Only the lines from the one containing "batch_verify = Crypto.batch_verify" through the one containing "create_key = λ" should be printed, exactly as they appear below, with both ends included.
BEGIN Record extracts
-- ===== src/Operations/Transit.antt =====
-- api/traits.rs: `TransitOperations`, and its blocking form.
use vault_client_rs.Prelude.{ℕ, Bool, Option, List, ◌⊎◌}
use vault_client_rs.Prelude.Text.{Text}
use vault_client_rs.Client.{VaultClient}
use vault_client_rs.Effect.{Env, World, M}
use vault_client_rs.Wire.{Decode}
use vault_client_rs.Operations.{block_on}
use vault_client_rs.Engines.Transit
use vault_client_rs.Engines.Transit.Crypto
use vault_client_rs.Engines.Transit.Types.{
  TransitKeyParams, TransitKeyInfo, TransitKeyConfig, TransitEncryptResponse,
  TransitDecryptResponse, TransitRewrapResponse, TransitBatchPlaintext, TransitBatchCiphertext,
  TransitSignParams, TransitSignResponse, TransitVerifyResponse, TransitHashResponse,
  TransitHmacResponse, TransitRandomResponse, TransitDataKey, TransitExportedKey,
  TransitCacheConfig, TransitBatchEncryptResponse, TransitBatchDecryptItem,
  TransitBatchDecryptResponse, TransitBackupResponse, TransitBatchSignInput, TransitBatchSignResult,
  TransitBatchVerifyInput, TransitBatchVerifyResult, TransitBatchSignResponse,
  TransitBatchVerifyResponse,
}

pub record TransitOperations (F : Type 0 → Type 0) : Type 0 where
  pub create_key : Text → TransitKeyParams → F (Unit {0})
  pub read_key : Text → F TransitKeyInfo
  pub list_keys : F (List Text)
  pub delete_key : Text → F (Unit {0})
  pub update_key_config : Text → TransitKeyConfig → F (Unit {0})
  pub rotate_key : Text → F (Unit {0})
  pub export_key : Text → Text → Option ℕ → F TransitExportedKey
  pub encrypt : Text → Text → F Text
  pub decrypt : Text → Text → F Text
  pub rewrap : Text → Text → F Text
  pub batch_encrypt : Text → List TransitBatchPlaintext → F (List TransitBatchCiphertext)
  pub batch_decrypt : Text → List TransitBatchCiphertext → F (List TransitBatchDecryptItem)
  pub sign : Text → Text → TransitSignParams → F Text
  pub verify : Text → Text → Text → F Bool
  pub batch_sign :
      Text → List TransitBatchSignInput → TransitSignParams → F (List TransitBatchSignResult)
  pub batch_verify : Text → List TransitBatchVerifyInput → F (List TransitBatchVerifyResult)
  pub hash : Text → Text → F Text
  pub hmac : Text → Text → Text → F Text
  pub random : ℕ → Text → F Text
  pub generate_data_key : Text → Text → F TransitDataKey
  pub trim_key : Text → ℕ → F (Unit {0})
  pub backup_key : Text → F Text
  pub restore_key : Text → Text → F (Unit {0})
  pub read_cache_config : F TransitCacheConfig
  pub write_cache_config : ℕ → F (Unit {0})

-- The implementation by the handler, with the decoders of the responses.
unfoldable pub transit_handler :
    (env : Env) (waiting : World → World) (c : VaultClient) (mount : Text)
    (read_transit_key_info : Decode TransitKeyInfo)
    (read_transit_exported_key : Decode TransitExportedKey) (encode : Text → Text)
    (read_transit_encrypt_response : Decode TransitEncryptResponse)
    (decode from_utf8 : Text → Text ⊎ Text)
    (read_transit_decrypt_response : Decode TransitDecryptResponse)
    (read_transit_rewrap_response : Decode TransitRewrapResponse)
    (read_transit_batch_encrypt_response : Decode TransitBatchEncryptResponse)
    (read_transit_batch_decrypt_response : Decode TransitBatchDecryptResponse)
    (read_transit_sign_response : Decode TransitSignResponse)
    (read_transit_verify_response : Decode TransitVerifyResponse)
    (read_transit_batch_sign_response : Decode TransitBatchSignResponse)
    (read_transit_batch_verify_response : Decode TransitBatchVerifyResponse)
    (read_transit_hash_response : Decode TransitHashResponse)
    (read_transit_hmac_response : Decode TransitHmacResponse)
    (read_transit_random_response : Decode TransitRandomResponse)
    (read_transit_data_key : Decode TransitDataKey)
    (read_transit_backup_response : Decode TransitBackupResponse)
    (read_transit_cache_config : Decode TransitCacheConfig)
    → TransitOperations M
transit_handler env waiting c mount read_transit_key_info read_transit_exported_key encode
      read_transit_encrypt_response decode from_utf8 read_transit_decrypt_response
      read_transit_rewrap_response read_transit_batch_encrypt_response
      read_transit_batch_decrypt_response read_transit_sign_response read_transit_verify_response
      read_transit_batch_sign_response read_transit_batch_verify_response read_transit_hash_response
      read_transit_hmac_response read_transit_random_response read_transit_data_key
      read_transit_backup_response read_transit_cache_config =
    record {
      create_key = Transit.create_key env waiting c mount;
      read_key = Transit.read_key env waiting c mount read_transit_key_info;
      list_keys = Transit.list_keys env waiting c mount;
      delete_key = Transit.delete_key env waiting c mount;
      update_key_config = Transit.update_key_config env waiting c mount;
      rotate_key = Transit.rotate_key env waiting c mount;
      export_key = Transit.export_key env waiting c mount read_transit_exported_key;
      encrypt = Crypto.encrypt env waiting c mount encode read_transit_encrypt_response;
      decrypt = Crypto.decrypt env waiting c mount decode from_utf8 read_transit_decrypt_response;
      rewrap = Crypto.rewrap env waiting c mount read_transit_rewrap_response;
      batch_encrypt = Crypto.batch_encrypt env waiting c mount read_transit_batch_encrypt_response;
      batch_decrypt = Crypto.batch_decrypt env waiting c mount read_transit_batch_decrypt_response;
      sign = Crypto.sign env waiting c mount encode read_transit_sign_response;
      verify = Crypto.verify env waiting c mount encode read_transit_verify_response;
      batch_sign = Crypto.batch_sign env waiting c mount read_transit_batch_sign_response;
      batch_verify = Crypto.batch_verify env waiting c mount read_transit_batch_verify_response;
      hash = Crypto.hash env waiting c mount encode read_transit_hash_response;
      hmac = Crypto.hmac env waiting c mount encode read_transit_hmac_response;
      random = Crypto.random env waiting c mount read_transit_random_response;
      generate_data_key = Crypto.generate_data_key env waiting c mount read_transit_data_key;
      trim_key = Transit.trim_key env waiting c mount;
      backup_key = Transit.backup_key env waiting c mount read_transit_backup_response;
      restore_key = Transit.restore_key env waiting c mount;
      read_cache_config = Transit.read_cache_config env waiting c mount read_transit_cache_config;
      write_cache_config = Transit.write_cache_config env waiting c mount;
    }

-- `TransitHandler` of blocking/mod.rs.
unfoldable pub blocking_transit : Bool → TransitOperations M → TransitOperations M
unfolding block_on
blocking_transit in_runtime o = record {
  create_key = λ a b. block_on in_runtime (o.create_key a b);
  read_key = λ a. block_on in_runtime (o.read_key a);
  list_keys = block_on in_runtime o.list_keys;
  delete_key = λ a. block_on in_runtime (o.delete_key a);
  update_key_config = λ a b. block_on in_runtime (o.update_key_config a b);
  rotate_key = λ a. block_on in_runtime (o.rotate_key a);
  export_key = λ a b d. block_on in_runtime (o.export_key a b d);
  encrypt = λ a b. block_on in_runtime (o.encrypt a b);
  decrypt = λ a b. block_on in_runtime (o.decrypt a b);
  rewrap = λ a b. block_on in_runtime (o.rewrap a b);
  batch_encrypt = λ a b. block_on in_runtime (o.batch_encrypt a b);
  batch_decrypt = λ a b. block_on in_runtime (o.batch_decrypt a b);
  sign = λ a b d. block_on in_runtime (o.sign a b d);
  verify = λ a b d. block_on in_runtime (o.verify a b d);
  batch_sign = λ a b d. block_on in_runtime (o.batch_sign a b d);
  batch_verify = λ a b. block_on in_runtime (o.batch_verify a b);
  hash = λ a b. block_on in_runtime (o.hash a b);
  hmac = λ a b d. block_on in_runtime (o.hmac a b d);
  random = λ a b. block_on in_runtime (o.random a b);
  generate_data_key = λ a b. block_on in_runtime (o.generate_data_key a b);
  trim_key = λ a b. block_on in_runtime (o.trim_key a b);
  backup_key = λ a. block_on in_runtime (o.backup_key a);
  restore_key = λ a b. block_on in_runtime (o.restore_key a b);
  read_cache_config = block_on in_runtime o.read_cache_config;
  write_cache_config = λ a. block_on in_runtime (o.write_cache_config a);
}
END Record extracts
**Response to this exercise**:
      batch_verify = Crypto.batch_verify env waiting c mount read_transit_batch_verify_response;
      hash = Crypto.hash env waiting c mount encode read_transit_hash_response;
      hmac = Crypto.hmac env waiting c mount encode read_transit_hmac_response;
      random = Crypto.random env waiting c mount read_transit_random_response;
      generate_data_key = Crypto.generate_data_key env waiting c mount read_transit_data_key;
      trim_key = Transit.trim_key env waiting c mount;
      backup_key = Transit.backup_key env waiting c mount read_transit_backup_response;
      restore_key = Transit.restore_key env waiting c mount;
      read_cache_config = Transit.read_cache_config env waiting c mount read_transit_cache_config;
      write_cache_config = Transit.write_cache_config env waiting c mount;
    }

-- `TransitHandler` of blocking/mod.rs.
unfoldable pub blocking_transit : Bool → TransitOperations M → TransitOperations M
unfolding block_on
blocking_transit in_runtime o = record {
  create_key = λ a b. block_on in_runtime (o.create_key a b);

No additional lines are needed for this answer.